*WHAT IS BEING ASKED*
Starting with the line containing "(control-Appends (hex_character (c" and going on through the line containing "inr n3 ↦ elim", return the lines of the data below exactly, and only those.

*SOURCE INFORMATION*
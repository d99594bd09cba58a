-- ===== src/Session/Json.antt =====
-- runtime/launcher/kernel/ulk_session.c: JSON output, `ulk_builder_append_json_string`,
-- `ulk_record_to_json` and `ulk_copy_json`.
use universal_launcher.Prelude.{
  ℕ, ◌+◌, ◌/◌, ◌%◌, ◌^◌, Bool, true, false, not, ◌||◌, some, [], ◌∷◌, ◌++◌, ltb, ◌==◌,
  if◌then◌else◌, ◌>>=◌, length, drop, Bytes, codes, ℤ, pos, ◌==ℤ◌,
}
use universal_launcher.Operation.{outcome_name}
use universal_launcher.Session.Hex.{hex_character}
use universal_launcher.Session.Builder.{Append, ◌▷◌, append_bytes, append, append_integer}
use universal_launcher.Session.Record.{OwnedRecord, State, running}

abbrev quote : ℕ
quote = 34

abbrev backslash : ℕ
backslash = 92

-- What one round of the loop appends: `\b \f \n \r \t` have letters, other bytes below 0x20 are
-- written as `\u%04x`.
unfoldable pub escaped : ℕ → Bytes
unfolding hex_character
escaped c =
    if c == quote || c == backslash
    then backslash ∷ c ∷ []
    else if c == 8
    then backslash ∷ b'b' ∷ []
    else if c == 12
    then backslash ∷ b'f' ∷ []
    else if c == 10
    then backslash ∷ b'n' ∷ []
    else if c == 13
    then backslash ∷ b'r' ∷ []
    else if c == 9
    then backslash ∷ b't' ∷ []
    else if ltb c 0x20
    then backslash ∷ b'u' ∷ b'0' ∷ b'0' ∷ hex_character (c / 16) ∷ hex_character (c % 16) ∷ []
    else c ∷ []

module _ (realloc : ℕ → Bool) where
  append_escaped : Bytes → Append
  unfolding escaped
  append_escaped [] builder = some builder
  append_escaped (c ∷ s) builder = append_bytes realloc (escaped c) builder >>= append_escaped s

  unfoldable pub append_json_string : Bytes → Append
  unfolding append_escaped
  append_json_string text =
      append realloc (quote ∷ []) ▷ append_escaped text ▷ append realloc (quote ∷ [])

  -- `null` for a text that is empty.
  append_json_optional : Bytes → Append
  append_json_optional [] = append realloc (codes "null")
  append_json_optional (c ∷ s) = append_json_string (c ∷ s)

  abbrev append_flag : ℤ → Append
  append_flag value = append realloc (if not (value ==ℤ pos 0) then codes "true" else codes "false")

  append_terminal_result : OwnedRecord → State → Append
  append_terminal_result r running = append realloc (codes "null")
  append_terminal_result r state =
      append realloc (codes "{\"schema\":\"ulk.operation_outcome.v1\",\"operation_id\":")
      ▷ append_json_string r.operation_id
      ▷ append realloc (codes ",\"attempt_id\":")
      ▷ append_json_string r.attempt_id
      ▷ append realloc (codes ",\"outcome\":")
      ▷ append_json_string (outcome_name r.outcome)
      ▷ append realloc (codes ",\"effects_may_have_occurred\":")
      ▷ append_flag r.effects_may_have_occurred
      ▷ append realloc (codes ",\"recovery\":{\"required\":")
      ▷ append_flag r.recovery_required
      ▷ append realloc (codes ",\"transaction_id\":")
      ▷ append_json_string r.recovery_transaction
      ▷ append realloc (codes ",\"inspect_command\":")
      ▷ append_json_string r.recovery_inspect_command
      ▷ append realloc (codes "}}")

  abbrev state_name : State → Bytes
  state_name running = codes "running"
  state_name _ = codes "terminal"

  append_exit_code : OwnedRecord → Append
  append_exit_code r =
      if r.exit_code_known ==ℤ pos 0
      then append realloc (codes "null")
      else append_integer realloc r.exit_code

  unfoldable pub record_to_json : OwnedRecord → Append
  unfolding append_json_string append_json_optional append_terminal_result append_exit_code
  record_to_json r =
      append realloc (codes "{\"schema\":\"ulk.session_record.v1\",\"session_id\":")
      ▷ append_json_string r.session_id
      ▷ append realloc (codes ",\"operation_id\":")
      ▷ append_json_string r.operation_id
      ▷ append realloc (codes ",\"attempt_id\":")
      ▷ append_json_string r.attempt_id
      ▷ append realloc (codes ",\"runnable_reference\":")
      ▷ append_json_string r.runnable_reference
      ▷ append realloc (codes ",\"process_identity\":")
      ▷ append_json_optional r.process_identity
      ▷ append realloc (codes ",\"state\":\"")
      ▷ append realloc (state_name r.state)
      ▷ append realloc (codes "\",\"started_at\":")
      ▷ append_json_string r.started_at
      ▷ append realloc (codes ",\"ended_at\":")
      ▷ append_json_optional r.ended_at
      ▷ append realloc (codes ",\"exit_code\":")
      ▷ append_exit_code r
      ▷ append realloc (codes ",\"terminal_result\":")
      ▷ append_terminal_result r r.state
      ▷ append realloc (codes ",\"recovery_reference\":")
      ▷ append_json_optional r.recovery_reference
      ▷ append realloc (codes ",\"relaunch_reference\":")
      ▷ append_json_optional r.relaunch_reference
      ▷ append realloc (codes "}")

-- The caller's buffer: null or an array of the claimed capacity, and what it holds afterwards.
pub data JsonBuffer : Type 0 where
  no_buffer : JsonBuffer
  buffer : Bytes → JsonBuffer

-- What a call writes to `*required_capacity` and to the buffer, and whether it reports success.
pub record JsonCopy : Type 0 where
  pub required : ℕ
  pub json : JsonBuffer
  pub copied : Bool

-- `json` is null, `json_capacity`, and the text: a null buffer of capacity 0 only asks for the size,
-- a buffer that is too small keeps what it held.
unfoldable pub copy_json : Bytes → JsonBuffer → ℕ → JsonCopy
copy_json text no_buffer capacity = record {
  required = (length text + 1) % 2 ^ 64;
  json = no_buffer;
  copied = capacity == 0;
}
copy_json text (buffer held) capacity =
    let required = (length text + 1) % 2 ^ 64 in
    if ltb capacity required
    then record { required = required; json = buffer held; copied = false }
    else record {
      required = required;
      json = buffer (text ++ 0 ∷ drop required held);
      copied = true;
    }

==

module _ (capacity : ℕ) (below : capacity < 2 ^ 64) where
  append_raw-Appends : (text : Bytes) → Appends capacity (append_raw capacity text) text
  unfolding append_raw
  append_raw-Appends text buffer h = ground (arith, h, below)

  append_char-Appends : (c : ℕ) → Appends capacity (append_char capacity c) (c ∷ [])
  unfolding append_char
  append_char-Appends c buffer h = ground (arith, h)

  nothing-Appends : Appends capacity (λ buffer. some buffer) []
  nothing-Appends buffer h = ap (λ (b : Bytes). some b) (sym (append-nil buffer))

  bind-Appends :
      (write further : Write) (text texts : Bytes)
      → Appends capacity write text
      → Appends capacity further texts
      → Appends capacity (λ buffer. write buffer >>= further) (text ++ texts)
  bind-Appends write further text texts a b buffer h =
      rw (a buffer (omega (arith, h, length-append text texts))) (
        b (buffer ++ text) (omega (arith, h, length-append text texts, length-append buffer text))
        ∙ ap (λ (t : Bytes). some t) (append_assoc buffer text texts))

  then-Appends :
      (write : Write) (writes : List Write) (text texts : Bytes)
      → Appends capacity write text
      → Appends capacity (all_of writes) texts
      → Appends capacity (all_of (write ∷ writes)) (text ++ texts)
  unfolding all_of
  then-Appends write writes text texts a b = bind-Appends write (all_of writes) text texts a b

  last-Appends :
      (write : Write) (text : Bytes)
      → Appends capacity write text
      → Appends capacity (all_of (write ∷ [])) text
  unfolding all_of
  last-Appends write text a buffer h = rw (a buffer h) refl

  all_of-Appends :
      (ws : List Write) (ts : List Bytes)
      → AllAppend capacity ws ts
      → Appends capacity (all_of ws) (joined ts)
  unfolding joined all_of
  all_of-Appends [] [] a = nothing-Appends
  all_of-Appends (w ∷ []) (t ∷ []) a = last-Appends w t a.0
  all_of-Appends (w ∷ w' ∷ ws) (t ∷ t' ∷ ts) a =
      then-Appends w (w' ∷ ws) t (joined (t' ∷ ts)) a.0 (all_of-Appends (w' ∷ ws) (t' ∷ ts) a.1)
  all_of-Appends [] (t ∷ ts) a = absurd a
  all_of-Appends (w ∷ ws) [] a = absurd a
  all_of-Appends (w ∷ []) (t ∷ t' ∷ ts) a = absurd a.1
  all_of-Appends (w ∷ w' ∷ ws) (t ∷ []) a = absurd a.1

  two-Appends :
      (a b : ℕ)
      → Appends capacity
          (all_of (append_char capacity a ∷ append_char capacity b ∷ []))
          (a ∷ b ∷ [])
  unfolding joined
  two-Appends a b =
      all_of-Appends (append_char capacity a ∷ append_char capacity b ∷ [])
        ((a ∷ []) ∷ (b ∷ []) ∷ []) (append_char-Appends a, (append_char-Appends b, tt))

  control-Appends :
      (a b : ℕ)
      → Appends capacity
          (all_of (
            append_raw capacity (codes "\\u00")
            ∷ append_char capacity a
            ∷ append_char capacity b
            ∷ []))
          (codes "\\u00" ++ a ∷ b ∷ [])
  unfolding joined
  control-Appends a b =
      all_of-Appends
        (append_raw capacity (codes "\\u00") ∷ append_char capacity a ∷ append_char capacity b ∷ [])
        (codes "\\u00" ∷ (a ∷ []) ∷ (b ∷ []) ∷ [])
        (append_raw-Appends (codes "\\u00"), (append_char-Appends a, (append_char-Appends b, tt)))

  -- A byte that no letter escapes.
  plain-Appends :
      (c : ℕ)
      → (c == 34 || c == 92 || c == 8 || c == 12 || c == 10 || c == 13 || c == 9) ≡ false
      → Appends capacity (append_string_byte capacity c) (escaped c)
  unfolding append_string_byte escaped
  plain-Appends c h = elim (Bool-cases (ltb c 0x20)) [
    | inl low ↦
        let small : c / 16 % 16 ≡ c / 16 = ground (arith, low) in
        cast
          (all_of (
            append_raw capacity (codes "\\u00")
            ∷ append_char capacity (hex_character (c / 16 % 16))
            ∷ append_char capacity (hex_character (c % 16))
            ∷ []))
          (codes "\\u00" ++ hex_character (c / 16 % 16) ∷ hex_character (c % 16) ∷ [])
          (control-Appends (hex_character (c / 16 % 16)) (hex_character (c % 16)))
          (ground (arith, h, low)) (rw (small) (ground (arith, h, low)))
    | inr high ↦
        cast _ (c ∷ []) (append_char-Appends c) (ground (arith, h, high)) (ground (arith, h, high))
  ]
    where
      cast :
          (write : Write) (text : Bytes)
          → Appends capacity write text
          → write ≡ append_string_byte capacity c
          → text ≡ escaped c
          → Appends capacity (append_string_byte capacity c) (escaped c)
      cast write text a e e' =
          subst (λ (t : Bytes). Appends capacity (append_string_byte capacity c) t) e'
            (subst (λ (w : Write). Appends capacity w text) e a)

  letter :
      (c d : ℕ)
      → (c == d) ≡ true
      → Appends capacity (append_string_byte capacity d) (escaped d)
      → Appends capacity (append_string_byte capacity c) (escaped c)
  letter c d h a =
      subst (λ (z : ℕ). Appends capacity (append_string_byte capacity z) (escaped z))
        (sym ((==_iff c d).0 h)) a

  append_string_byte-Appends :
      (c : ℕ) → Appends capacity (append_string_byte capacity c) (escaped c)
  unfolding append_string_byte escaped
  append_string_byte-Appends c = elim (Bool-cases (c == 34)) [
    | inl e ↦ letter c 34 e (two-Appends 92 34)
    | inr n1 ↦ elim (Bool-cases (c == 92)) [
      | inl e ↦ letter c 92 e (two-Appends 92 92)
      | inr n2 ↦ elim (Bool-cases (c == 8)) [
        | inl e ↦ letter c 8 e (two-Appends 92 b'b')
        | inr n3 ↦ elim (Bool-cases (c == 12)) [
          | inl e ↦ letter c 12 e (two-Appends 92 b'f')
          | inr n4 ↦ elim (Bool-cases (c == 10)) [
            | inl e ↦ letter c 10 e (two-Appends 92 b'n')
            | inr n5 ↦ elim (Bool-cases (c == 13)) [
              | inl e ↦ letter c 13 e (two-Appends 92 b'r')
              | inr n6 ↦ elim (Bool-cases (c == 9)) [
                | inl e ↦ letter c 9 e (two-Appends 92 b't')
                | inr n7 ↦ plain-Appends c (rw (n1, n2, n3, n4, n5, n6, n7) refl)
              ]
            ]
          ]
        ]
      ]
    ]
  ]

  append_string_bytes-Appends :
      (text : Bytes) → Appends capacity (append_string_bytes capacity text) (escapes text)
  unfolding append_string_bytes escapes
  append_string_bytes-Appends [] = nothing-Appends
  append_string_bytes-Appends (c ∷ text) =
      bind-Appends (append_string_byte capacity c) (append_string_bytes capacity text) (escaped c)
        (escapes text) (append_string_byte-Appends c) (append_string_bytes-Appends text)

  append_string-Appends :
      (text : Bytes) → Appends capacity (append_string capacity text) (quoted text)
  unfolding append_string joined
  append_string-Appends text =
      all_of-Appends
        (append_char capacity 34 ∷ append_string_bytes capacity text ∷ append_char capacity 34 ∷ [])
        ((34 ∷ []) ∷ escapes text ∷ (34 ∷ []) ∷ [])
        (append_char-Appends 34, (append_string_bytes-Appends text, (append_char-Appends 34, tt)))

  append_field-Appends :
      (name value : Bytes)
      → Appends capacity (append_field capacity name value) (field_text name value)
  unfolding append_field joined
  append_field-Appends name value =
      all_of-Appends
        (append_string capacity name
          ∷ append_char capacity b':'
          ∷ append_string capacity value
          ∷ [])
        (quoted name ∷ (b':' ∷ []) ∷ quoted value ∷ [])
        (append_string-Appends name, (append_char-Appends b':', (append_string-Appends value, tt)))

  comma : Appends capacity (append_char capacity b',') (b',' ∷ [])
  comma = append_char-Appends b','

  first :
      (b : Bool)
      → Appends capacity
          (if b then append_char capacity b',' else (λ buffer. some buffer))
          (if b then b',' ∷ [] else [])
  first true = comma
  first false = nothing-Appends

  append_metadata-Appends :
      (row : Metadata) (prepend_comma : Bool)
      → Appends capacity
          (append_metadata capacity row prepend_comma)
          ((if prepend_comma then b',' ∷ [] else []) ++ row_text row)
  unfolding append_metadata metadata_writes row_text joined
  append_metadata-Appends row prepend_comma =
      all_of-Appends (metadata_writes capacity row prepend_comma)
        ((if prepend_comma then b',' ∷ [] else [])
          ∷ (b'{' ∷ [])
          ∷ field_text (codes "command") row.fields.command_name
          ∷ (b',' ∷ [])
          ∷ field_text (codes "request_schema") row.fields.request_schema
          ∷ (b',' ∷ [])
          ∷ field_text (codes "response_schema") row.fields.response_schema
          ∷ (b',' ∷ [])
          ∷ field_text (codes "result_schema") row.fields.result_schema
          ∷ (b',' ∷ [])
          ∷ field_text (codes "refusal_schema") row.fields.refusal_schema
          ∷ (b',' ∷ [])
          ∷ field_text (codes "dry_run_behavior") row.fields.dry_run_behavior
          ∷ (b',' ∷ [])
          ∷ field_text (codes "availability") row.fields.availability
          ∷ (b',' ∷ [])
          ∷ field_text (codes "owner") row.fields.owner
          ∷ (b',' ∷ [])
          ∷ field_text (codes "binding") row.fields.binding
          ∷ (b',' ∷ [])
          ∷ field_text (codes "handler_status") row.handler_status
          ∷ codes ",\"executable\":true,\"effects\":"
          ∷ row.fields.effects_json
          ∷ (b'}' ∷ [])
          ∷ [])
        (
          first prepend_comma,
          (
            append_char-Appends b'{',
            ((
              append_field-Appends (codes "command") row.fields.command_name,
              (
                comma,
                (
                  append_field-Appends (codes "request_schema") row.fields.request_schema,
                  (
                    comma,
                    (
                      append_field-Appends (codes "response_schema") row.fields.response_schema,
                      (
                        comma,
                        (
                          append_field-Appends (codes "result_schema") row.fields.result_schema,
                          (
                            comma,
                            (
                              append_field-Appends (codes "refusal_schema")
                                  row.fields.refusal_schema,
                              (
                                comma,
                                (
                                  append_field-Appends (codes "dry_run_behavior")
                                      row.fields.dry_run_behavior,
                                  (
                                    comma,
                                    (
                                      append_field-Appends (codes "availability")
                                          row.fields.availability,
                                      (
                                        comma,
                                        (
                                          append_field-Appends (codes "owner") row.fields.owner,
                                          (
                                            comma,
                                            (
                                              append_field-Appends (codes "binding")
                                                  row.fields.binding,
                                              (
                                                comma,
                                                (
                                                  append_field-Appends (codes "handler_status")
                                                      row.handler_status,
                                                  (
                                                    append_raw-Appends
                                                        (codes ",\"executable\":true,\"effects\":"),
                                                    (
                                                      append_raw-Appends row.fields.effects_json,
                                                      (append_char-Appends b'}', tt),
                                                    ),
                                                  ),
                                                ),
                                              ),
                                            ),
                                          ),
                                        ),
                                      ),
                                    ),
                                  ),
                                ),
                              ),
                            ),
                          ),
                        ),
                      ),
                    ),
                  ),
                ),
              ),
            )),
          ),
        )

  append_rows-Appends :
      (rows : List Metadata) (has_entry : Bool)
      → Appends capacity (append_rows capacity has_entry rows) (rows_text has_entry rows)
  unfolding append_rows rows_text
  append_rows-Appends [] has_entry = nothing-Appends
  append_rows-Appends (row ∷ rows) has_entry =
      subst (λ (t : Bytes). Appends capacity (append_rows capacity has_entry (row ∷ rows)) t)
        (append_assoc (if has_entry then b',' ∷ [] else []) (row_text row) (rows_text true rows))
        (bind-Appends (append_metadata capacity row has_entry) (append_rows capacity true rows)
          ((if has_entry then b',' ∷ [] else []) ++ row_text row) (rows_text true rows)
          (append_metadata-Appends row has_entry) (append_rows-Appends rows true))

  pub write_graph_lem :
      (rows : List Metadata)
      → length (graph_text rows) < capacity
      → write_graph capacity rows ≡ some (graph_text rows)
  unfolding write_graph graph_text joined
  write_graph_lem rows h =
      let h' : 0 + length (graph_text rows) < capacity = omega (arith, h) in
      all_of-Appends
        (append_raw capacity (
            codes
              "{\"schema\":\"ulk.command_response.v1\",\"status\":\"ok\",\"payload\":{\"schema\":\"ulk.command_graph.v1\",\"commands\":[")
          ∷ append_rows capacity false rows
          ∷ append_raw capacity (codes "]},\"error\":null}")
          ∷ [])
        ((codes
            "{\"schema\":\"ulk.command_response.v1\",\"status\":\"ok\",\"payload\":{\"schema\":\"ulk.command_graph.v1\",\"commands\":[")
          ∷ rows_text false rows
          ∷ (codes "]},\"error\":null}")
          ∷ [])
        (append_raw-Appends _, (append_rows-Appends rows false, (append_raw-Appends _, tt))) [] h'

--

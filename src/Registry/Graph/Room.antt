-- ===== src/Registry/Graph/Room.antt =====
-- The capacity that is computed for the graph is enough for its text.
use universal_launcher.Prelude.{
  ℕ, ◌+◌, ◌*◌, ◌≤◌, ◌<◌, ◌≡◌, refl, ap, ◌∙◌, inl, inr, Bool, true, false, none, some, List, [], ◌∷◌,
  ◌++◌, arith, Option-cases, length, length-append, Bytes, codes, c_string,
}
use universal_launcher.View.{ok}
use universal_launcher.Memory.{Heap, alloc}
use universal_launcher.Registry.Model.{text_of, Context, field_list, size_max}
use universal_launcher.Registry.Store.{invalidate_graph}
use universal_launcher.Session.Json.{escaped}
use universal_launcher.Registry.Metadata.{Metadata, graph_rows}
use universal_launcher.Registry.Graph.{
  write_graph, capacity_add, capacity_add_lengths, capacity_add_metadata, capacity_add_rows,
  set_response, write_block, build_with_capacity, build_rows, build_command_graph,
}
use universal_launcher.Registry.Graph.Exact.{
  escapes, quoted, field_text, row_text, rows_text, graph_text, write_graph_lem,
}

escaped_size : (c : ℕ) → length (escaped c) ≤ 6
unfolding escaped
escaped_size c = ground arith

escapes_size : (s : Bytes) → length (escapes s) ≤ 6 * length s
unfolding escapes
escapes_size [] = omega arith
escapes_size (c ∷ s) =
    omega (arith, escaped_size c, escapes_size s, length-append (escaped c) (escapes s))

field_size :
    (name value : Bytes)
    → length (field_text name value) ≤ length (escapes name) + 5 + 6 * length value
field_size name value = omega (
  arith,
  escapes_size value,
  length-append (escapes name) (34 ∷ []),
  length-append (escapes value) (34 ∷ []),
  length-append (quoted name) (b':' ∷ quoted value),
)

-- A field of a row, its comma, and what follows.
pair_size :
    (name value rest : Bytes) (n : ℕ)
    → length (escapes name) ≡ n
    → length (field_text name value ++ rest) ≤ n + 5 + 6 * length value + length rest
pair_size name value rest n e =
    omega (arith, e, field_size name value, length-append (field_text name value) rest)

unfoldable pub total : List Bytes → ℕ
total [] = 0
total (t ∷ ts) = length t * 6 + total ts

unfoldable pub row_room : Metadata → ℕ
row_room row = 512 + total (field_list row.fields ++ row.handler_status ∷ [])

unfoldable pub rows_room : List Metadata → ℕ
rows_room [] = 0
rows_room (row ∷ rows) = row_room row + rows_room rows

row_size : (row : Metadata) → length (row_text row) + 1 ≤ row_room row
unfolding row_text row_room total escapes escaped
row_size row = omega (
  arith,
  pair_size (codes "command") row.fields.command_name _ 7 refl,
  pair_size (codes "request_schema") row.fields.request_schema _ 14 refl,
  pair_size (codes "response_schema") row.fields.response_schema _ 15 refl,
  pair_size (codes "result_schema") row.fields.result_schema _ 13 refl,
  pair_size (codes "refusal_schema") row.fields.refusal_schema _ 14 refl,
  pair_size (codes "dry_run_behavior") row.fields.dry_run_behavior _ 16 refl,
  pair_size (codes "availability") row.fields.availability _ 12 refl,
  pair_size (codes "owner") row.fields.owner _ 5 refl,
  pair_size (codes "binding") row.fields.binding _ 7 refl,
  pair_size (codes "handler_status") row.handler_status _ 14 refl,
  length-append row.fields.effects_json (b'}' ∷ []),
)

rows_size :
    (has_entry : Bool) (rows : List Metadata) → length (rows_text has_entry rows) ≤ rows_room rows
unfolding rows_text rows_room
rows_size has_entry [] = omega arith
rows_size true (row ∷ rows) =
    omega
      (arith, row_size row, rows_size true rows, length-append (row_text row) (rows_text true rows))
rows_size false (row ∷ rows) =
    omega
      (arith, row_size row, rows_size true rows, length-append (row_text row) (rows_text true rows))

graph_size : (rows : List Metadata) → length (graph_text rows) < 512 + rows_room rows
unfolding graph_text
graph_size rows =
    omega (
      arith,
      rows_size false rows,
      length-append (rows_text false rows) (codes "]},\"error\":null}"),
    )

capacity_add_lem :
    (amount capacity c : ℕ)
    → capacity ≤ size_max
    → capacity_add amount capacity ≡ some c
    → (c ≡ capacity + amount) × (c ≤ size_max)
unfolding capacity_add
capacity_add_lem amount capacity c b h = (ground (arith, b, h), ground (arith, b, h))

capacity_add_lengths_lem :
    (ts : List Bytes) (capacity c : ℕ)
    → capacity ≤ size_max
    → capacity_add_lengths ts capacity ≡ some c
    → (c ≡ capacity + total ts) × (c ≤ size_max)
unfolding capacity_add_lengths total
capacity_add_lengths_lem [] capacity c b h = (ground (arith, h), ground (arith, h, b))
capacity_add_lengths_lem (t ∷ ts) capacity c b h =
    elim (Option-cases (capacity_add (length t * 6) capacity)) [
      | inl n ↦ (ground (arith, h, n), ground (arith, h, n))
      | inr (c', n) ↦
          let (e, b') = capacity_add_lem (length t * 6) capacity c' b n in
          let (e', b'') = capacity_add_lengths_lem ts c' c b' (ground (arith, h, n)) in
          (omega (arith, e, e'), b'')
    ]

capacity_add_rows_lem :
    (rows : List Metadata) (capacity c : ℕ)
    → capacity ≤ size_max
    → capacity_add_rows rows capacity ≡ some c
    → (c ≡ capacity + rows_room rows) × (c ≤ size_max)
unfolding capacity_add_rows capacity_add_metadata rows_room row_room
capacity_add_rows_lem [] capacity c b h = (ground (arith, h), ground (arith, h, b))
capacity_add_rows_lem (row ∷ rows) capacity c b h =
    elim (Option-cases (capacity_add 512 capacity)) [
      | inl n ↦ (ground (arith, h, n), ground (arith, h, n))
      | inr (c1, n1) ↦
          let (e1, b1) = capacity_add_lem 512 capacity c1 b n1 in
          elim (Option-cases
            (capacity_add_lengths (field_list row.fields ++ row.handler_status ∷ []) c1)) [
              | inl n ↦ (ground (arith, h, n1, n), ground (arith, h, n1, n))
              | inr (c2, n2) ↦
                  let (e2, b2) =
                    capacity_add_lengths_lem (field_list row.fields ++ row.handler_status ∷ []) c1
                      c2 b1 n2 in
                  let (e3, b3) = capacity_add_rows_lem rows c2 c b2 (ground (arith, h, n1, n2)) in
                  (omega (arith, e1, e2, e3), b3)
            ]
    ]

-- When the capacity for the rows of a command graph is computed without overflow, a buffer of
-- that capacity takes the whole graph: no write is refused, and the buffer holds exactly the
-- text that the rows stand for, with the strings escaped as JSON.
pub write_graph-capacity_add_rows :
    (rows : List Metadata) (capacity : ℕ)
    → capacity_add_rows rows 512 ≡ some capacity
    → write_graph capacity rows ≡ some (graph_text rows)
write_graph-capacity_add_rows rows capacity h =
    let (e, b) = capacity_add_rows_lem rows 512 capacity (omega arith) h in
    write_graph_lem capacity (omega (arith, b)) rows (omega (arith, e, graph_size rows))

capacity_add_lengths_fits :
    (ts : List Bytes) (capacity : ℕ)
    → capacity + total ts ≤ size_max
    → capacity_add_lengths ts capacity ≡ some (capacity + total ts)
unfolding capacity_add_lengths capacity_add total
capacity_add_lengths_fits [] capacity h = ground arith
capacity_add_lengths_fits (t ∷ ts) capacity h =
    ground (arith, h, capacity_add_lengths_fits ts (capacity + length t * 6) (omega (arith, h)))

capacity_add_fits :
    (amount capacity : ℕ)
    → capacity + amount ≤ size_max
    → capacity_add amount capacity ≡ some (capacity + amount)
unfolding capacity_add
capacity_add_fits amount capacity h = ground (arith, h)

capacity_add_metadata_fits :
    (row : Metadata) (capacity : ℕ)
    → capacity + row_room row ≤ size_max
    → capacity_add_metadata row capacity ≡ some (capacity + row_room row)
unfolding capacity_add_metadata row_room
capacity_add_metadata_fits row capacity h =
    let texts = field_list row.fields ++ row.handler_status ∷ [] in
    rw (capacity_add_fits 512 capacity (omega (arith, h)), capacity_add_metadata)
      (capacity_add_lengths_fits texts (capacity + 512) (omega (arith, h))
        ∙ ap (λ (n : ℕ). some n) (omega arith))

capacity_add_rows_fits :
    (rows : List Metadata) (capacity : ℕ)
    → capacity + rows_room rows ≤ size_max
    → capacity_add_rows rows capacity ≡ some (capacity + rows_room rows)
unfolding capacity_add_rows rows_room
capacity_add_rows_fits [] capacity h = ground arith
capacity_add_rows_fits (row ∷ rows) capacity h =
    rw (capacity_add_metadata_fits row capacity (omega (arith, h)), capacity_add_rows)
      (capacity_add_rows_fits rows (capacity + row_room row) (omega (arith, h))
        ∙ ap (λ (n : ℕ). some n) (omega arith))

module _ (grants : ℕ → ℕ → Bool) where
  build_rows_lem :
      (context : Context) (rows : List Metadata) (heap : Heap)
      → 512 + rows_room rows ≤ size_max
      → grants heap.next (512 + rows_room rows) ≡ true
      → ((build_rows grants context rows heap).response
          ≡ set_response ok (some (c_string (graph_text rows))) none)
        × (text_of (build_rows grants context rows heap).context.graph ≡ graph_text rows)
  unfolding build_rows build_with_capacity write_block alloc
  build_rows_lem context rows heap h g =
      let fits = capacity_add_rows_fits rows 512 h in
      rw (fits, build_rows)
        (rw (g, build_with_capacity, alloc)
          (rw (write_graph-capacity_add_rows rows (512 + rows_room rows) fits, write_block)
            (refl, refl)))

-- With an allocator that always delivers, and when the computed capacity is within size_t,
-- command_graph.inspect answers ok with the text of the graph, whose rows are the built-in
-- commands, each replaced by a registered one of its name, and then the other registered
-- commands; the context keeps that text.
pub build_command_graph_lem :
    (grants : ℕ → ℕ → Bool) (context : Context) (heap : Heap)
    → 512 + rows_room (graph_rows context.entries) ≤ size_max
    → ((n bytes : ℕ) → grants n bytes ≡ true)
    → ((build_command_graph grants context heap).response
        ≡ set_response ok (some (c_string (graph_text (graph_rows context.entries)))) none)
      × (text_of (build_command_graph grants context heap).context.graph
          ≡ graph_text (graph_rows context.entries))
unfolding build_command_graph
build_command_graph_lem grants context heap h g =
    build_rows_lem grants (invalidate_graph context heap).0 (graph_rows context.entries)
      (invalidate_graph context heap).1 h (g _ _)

*THE ANSWER*
          (control-Appends (hex_character (c / 16 % 16)) (hex_character (c % 16)))
          (ground (arith, h, low)) (rw (small) (ground (arith, h, low)))
    | inr high ↦
        cast _ (c ∷ []) (append_char-Appends c) (ground (arith, h, high)) (ground (arith, h, high))
  ]
    where
      cast :
          (write : Write) (text : Bytes)
          → Appends capacity write text
          → write ≡ append_string_byte capacity c
          → text ≡ escaped c
          → Appends capacity (append_string_byte capacity c) (escaped c)
      cast write text a e e' =
          subst (λ (t : Bytes). Appends capacity (append_string_byte capacity c) t) e'
            (subst (λ (w : Write). Appends capacity w text) e a)

  letter :
      (c d : ℕ)
      → (c == d) ≡ true
      → Appends capacity (append_string_byte capacity d) (escaped d)
      → Appends capacity (append_string_byte capacity c) (escaped c)
  letter c d h a =
      subst (λ (z : ℕ). Appends capacity (append_string_byte capacity z) (escaped z))
        (sym ((==_iff c d).0 h)) a

  append_string_byte-Appends :
      (c : ℕ) → Appends capacity (append_string_byte capacity c) (escaped c)
  unfolding append_string_byte escaped
  append_string_byte-Appends c = elim (Bool-cases (c == 34)) [
    | inl e ↦ letter c 34 e (two-Appends 92 34)
    | inr n1 ↦ elim (Bool-cases (c == 92)) [
      | inl e ↦ letter c 92 e (two-Appends 92 92)
      | inr n2 ↦ elim (Bool-cases (c == 8)) [
        | inl e ↦ letter c 8 e (two-Appends 92 b'b')
        | inr n3 ↦ elim (Bool-cases (c == 12)) [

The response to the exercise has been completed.